WHAT TO WORK ON: Go to the line in the entries below that holds "-- ===== src/Protocol/Minting/Sound.antt" and repeat exactly from there through the line that holds "-- A payRequest that can", inclusive.

(Stored data entries)
*** Begin section ***

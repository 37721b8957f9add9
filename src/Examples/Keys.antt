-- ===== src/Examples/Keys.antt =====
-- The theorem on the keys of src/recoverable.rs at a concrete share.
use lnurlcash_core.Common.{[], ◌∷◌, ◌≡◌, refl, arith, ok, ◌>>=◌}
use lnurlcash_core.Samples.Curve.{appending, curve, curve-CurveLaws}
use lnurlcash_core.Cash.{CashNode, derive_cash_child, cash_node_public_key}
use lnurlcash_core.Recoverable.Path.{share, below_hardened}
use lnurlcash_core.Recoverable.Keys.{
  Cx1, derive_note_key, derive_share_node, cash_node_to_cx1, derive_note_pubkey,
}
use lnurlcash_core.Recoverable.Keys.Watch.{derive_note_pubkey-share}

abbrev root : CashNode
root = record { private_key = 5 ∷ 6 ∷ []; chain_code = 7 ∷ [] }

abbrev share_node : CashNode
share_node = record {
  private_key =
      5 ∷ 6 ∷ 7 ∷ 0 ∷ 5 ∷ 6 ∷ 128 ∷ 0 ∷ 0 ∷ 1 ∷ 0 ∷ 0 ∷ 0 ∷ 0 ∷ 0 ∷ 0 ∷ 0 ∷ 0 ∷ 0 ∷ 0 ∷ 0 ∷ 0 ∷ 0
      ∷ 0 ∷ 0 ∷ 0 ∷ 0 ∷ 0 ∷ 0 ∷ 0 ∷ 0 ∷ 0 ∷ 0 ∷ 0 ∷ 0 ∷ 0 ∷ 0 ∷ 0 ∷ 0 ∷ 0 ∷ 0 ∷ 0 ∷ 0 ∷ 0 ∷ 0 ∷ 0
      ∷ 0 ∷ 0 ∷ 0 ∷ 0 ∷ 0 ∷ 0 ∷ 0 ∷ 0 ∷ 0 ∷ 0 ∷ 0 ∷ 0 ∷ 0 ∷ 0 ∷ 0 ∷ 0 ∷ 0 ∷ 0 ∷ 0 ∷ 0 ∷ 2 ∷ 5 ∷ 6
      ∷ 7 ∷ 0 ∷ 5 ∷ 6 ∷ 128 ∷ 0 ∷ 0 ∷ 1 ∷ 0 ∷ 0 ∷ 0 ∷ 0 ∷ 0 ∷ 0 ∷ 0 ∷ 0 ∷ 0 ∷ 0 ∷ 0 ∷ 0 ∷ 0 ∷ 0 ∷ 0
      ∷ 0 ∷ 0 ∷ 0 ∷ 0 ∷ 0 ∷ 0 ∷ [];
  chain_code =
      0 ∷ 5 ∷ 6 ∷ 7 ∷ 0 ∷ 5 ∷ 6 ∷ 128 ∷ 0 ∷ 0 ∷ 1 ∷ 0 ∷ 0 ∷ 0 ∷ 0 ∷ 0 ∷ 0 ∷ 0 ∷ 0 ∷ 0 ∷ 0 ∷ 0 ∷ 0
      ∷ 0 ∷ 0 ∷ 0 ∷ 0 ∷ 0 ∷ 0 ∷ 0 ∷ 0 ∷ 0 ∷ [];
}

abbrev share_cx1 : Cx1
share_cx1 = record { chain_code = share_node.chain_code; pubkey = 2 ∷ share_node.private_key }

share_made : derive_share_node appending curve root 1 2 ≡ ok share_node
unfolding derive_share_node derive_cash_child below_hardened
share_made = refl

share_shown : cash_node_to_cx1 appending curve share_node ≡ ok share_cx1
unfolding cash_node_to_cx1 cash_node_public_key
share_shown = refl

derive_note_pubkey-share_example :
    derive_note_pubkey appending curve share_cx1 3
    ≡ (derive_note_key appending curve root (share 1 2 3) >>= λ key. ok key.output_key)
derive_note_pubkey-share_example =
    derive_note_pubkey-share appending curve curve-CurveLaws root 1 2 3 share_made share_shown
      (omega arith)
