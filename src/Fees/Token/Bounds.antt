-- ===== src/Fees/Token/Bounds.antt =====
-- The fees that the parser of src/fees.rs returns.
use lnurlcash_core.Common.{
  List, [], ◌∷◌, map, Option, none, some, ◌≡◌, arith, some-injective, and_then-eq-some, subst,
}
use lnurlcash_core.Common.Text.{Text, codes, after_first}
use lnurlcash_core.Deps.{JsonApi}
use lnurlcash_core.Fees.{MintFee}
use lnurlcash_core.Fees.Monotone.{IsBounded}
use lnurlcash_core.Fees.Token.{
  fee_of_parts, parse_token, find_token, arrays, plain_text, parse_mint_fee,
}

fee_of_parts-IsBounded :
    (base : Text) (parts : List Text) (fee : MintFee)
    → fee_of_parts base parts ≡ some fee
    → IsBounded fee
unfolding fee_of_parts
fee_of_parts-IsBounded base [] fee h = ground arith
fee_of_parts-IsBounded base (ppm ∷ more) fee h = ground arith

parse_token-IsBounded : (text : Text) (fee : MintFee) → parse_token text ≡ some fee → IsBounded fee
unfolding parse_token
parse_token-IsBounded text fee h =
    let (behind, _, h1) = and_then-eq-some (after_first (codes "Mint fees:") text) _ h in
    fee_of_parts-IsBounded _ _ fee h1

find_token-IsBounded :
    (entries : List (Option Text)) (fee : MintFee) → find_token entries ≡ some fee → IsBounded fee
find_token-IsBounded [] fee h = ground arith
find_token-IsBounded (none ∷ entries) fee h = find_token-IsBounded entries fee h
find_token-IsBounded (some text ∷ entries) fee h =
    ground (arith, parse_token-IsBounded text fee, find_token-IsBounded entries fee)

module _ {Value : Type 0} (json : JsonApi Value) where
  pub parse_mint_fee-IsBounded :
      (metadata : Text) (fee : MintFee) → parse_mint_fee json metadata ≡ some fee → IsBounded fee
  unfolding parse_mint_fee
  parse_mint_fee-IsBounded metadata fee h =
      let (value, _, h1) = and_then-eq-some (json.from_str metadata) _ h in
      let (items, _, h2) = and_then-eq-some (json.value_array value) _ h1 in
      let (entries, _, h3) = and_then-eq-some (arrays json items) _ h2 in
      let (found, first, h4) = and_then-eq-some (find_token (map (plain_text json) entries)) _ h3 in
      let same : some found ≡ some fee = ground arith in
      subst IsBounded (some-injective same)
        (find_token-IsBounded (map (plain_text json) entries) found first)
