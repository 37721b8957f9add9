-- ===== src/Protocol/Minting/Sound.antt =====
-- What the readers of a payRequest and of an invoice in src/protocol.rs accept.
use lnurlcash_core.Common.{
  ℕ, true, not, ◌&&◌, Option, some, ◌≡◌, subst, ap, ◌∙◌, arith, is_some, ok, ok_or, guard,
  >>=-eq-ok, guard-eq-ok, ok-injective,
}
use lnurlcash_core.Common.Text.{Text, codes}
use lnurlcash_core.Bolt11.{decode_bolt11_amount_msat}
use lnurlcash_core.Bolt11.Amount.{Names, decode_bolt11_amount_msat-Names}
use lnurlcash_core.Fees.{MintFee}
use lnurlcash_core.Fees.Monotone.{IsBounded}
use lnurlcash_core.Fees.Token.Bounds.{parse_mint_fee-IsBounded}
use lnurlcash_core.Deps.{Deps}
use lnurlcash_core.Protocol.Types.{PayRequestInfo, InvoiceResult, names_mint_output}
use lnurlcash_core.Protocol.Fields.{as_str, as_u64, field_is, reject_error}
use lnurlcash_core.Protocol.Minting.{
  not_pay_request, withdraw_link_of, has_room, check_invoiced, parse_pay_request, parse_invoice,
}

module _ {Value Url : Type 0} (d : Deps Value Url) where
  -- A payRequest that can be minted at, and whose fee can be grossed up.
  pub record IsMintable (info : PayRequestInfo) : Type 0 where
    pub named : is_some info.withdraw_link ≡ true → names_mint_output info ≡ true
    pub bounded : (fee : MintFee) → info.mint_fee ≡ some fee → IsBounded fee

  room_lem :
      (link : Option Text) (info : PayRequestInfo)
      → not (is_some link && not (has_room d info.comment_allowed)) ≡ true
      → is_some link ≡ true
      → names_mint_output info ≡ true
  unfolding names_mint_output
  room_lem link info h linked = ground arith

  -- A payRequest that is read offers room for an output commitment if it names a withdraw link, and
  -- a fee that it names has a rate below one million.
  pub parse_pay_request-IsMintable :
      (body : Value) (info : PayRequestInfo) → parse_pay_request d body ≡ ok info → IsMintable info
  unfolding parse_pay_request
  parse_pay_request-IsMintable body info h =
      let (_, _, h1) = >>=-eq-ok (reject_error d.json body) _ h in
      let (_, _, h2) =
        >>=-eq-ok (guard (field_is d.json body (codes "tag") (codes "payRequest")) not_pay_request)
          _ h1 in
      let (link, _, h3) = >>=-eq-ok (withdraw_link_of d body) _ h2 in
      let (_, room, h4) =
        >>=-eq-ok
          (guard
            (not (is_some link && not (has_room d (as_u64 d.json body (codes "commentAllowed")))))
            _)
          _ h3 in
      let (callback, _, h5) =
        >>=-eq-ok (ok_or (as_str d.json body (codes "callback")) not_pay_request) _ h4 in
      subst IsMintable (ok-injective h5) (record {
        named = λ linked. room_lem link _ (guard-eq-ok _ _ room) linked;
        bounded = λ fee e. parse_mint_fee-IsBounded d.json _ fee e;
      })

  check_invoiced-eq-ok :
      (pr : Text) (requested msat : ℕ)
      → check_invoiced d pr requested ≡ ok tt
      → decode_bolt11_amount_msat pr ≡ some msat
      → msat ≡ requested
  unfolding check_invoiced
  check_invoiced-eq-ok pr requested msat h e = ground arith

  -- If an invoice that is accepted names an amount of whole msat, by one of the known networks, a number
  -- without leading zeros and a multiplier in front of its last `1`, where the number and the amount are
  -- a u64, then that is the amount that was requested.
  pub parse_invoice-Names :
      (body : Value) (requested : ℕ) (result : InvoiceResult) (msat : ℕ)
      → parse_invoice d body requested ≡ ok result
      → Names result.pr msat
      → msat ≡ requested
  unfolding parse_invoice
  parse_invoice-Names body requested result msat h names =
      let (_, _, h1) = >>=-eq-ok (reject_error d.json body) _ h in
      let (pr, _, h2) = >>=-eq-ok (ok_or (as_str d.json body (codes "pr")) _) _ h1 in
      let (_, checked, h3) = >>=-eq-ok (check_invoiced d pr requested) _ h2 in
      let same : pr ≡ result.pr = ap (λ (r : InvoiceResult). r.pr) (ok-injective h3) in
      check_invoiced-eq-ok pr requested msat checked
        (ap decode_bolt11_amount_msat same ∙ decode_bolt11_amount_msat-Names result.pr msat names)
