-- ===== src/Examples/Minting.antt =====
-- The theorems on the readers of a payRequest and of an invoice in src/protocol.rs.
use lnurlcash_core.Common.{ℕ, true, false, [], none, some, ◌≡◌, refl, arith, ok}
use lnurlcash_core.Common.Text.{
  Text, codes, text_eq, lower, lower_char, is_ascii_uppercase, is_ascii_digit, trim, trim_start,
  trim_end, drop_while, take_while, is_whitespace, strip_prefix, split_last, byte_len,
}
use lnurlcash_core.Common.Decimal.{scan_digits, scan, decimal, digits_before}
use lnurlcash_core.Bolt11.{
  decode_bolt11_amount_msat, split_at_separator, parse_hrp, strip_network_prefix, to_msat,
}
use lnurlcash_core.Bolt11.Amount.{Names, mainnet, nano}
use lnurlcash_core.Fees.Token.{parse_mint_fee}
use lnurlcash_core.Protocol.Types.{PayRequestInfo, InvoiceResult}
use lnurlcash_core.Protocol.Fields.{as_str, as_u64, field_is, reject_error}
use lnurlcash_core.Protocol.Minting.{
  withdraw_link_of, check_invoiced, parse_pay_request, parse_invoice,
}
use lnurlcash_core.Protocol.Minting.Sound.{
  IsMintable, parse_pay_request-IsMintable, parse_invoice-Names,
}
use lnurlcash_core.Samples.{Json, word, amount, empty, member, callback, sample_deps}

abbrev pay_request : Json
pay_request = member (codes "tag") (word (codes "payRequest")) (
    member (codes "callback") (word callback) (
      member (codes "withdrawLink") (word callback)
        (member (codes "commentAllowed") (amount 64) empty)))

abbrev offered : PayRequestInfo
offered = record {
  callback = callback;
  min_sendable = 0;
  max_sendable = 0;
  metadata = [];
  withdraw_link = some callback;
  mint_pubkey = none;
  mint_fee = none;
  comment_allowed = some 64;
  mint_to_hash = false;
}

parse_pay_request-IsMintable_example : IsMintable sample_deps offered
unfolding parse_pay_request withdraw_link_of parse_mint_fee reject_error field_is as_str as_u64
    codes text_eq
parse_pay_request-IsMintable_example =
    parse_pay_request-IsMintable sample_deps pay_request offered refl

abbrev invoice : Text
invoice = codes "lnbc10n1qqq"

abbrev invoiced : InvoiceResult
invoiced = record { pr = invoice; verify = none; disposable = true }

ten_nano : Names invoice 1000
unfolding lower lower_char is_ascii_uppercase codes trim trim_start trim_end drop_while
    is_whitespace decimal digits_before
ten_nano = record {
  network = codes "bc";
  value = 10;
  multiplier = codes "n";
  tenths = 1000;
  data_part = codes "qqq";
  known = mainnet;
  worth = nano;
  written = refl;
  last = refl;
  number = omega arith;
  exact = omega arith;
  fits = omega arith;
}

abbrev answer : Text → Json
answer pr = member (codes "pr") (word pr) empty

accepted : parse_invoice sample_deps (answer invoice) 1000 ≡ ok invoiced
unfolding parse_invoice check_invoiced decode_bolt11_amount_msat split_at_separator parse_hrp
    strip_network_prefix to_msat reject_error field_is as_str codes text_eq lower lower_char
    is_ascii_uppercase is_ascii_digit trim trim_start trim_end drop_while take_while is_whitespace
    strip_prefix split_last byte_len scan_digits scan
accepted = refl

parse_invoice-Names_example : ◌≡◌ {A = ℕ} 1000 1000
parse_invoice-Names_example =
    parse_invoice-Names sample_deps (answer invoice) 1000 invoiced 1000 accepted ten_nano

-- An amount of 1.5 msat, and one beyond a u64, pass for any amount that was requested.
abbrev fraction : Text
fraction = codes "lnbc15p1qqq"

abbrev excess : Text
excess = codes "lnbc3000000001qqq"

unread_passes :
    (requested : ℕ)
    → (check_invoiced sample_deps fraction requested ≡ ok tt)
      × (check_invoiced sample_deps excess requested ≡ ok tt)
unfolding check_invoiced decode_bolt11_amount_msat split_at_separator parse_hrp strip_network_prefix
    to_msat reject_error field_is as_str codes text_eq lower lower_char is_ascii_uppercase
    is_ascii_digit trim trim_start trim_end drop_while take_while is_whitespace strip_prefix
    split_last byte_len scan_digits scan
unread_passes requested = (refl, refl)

*** End section ***

EXERCISE SOLUTION:
-- ===== src/Protocol/Minting/Sound.antt =====
-- What the readers of a payRequest and of an invoice in src/protocol.rs accept.
use lnurlcash_core.Common.{
  ℕ, true, not, ◌&&◌, Option, some, ◌≡◌, subst, ap, ◌∙◌, arith, is_some, ok, ok_or, guard,
  >>=-eq-ok, guard-eq-ok, ok-injective,
}
use lnurlcash_core.Common.Text.{Text, codes}
use lnurlcash_core.Bolt11.{decode_bolt11_amount_msat}
use lnurlcash_core.Bolt11.Amount.{Names, decode_bolt11_amount_msat-Names}
use lnurlcash_core.Fees.{MintFee}
use lnurlcash_core.Fees.Monotone.{IsBounded}
use lnurlcash_core.Fees.Token.Bounds.{parse_mint_fee-IsBounded}
use lnurlcash_core.Deps.{Deps}
use lnurlcash_core.Protocol.Types.{PayRequestInfo, InvoiceResult, names_mint_output}
use lnurlcash_core.Protocol.Fields.{as_str, as_u64, field_is, reject_error}
use lnurlcash_core.Protocol.Minting.{
  not_pay_request, withdraw_link_of, has_room, check_invoiced, parse_pay_request, parse_invoice,
}

module _ {Value Url : Type 0} (d : Deps Value Url) where
  -- A payRequest that can be minted at, and whose fee can be grossed up.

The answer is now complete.